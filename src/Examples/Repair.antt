-- ===== src/Examples/Repair.antt =====
-- A controller that reconciles a sandbox while a request asks to pause it, and one that restarts.
use brezel.Common.{
  ◌≡◌, refl, true, false, List, [], ◌∷◌, none, some, codes, length, err, insert, text_eq,
}
use brezel.Domain.States.{running, pausing, failed, terminal}
use brezel.Examples.Admission.{noon, running_sandbox, store}
use brezel.Examples.Store.{codec, stored, files}
use brezel.Examples.Controller.{controller, outside, began}
use brezel.Store.{scoped_key}
use brezel.Store.Files.{FileStore}
use brezel.Controller.Types.{conflict, Outside}
use brezel.Controller.Transitions.{moved, is_target, begin_expiration, mark_unknown}
use brezel.Controller.Actions.{begin_delete}
use brezel.Controller.Observed.{
  same_sandbox_reconcile_version, same_failure, same_reconcile_observation, operation_code,
  same_operation_version, supersedes, latest, unfinished, latest_incomplete_operations, prefixes_of,
  latest_reconcile_operations, settle, unchanged, is_superseded, unless_superseded,
  observation_write, commit_observation, mark_unknown_observation,
}
use brezel.Controller.Repair.{
  failed_or, Answer, remote, is_not_found, if_found, unless_cancelled, busy, finished, then_cleanup,
  is_cleanup, cleanup_of, look, judged, inspected, route_observed, route_reconciled, begin_cleanup,
  end_cleanup, begin_missing, end_missing,
}
use brezel.Controller.Worlds.{pause}
use brezel.Controller.Writes.{state_at}
use brezel.Controller.Reading.{read}
use brezel.Controller.System.{
  System, Move, act, looking, proceeding, remembered, gone_on, proceeded, let_go, proceed, finish,
  acted, move, run_system,
}
use brezel.Controller.Holding.{Excluded}
use brezel.Controller.Together.{run_system-Excluded, run_system-settles}
use brezel.Controller.Expiring.{expired-stuck}

repairs : Unit {0}
unfolding controller terminal is_target begin_expiration mark_unknown same_sandbox_reconcile_version
    same_failure same_reconcile_observation operation_code same_operation_version supersedes latest
    unfinished latest_incomplete_operations prefixes_of latest_reconcile_operations settle unchanged
    is_superseded unless_superseded observation_write commit_observation mark_unknown_observation
    is_not_found if_found unless_cancelled failed_or busy finished then_cleanup is_cleanup
    cleanup_of look judged inspected route_observed route_reconciled begin_cleanup end_cleanup
    begin_missing end_missing begin_delete remembered gone_on proceeded let_go proceed finish acted
    move run_system
repairs = tt

abbrev quiet : FileStore → System
quiet files = record {
  service = record {
    files = files;
    active_guest_ops = [];
    active_guest_ops_by_project = [];
    active_backend_mutations = [];
    recent_activity = [];
  };
  pending = [];
  seen = [];
  held = [];
}

-- before the sandbox expires
abbrev early : Outside
early = record outside { now = record noon { instant = 4 } }

abbrev answer : Answer
answer = record {
  is_cancelled = false;
  inspection = remote (codes "b") running;
  placement = record {
    backend_id = codes "b";
    node_id = codes "n";
    node_route_id = codes "r";
    node_generation = 1;
  };
  required = true;
  undeleted = false;
  failure = none;
  candidates = [];
}

-- The sandbox is reconciled up to the change of its route, and then asked to pause.
abbrev rerouted : List (Outside × Move)
rerouted =
    (early, looking false (codes "p") (codes "s1"))
    ∷ (early, proceeding 0 answer)
    ∷ (early, proceeding 0 answer)
    ∷ (early, act (pause (codes "p") (codes "s1") (codes "pause-s1-now")))
    ∷ []

holds_test : length (run_system codec rerouted (quiet stored)).held ≡ 1
unfolding repairs
holds_test = refl

pause_refused_test : length (run_system codec rerouted (quiet stored)).pending ≡ 0
unfolding repairs
pause_refused_test = refl

run_system-Excluded_example : Excluded (run_system codec rerouted (quiet stored))
unfolding repairs
run_system-Excluded_example = run_system-Excluded codec rerouted (quiet stored) refl refl refl refl

abbrev failed_files : FileStore
failed_files = record stored {
  state = record store {
    sandboxes =
        insert (scoped_key (codes "p") (codes "s1")) (record running_sandbox { state = failed })
          store.sandboxes;
  };
}

run_system-settles_example :
    state_at
      (scoped_key (codes "p") (codes "s1"))
      (run_system codec rerouted (quiet failed_files)).service.files
    ≡ some failed
unfolding repairs
run_system-settles_example =
    run_system-settles codec rerouted (quiet failed_files) (scoped_key (codes "p") (codes "s1"))
      failed refl refl refl refl refl refl

expired-stuck_example :
    (look codec outside false began.0 (codes "p") (codes "s1") ≡ (began.0, err conflict))
    × (read codec outside began.0 (codes "p") (codes "s1") answer ≡ (began.0, err conflict))
    × (begin_delete codec outside began.0 (codes "p") (codes "s1") (codes "delete-s1-now")
        ≡ (began.0, err conflict))
unfolding repairs
expired-stuck_example =
    expired-stuck codec outside began.0 (codes "p") (codes "s1") (codes "delete-s1-now") answer
      (moved outside pausing none running_sandbox) refl refl refl refl refl refl refl refl refl refl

▸ **How to complete this task**
The answer is every entry, repeated word for word.

▸ **Exercise response**
filename src/Examples/Repair.antt
-- ===== src/Examples/Repair.antt =====
-- A controller that reconciles a sandbox while a request asks to pause it, and one that restarts.
use brezel.Common.{
  ◌≡◌, refl, true, false, List, [], ◌∷◌, none, some, codes, length, err, insert, text_eq,
}
use brezel.Domain.States.{running, pausing, failed, terminal}
use brezel.Examples.Admission.{noon, running_sandbox, store}
use brezel.Examples.Store.{codec, stored, files}
use brezel.Examples.Controller.{controller, outside, began}
use brezel.Store.{scoped_key}
use brezel.Store.Files.{FileStore}
use brezel.Controller.Types.{conflict, Outside}
use brezel.Controller.Transitions.{moved, is_target, begin_expiration, mark_unknown}
use brezel.Controller.Actions.{begin_delete}
use brezel.Controller.Observed.{
  same_sandbox_reconcile_version, same_failure, same_reconcile_observation, operation_code,
  same_operation_version, supersedes, latest, unfinished, latest_incomplete_operations, prefixes_of,
  latest_reconcile_operations, settle, unchanged, is_superseded, unless_superseded,
  observation_write, commit_observation, mark_unknown_observation,
}
use brezel.Controller.Repair.{
  failed_or, Answer, remote, is_not_found, if_found, unless_cancelled, busy, finished, then_cleanup,
  is_cleanup, cleanup_of, look, judged, inspected, route_observed, route_reconciled, begin_cleanup,
  end_cleanup, begin_missing, end_missing,
}
use brezel.Controller.Worlds.{pause}
use brezel.Controller.Writes.{state_at}
use brezel.Controller.Reading.{read}
use brezel.Controller.System.{
  System, Move, act, looking, proceeding, remembered, gone_on, proceeded, let_go, proceed, finish,
  acted, move, run_system,
}
use brezel.Controller.Holding.{Excluded}
use brezel.Controller.Together.{run_system-Excluded, run_system-settles}
use brezel.Controller.Expiring.{expired-stuck}

repairs : Unit {0}
unfolding controller terminal is_target begin_expiration mark_unknown same_sandbox_reconcile_version
    same_failure same_reconcile_observation operation_code same_operation_version supersedes latest
    unfinished latest_incomplete_operations prefixes_of latest_reconcile_operations settle unchanged
    is_superseded unless_superseded observation_write commit_observation mark_unknown_observation
    is_not_found if_found unless_cancelled failed_or busy finished then_cleanup is_cleanup
    cleanup_of look judged inspected route_observed route_reconciled begin_cleanup end_cleanup
    begin_missing end_missing begin_delete remembered gone_on proceeded let_go proceed finish acted
    move run_system
repairs = tt

abbrev quiet : FileStore → System
quiet files = record {
  service = record {
    files = files;
    active_guest_ops = [];
    active_guest_ops_by_project = [];
    active_backend_mutations = [];
    recent_activity = [];
  };
  pending = [];
  seen = [];
  held = [];
}

-- before the sandbox expires
abbrev early : Outside
early = record outside { now = record noon { instant = 4 } }

abbrev answer : Answer
answer = record {
  is_cancelled = false;
  inspection = remote (codes "b") running;
  placement = record {
    backend_id = codes "b";
    node_id = codes "n";
    node_route_id = codes "r";
    node_generation = 1;
  };
  required = true;
  undeleted = false;
  failure = none;
  candidates = [];
}

-- The sandbox is reconciled up to the change of its route, and then asked to pause.
abbrev rerouted : List (Outside × Move)
rerouted =
    (early, looking false (codes "p") (codes "s1"))
    ∷ (early, proceeding 0 answer)
    ∷ (early, proceeding 0 answer)
    ∷ (early, act (pause (codes "p") (codes "s1") (codes "pause-s1-now")))
    ∷ []

holds_test : length (run_system codec rerouted (quiet stored)).held ≡ 1
unfolding repairs
holds_test = refl

pause_refused_test : length (run_system codec rerouted (quiet stored)).pending ≡ 0
unfolding repairs
pause_refused_test = refl

run_system-Excluded_example : Excluded (run_system codec rerouted (quiet stored))
unfolding repairs
run_system-Excluded_example = run_system-Excluded codec rerouted (quiet stored) refl refl refl refl

abbrev failed_files : FileStore
failed_files = record stored {
  state = record store {
    sandboxes =
        insert (scoped_key (codes "p") (codes "s1")) (record running_sandbox { state = failed })
          store.sandboxes;
  };
}

run_system-settles_example :
    state_at
      (scoped_key (codes "p") (codes "s1"))
      (run_system codec rerouted (quiet failed_files)).service.files
    ≡ some failed
unfolding repairs
run_system-settles_example =
    run_system-settles codec rerouted (quiet failed_files) (scoped_key (codes "p") (codes "s1"))
      failed refl refl refl refl refl refl

expired-stuck_example :
    (look codec outside false began.0 (codes "p") (codes "s1") ≡ (began.0, err conflict))
    × (read codec outside began.0 (codes "p") (codes "s1") answer ≡ (began.0, err conflict))
    × (begin_delete codec outside began.0 (codes "p") (codes "s1") (codes "delete-s1-now")
        ≡ (began.0, err conflict))
unfolding repairs
expired-stuck_example =
    expired-stuck codec outside began.0 (codes "p") (codes "s1") (codes "delete-s1-now") answer
      (moved outside pausing none running_sandbox) refl refl refl refl refl refl refl refl refl refl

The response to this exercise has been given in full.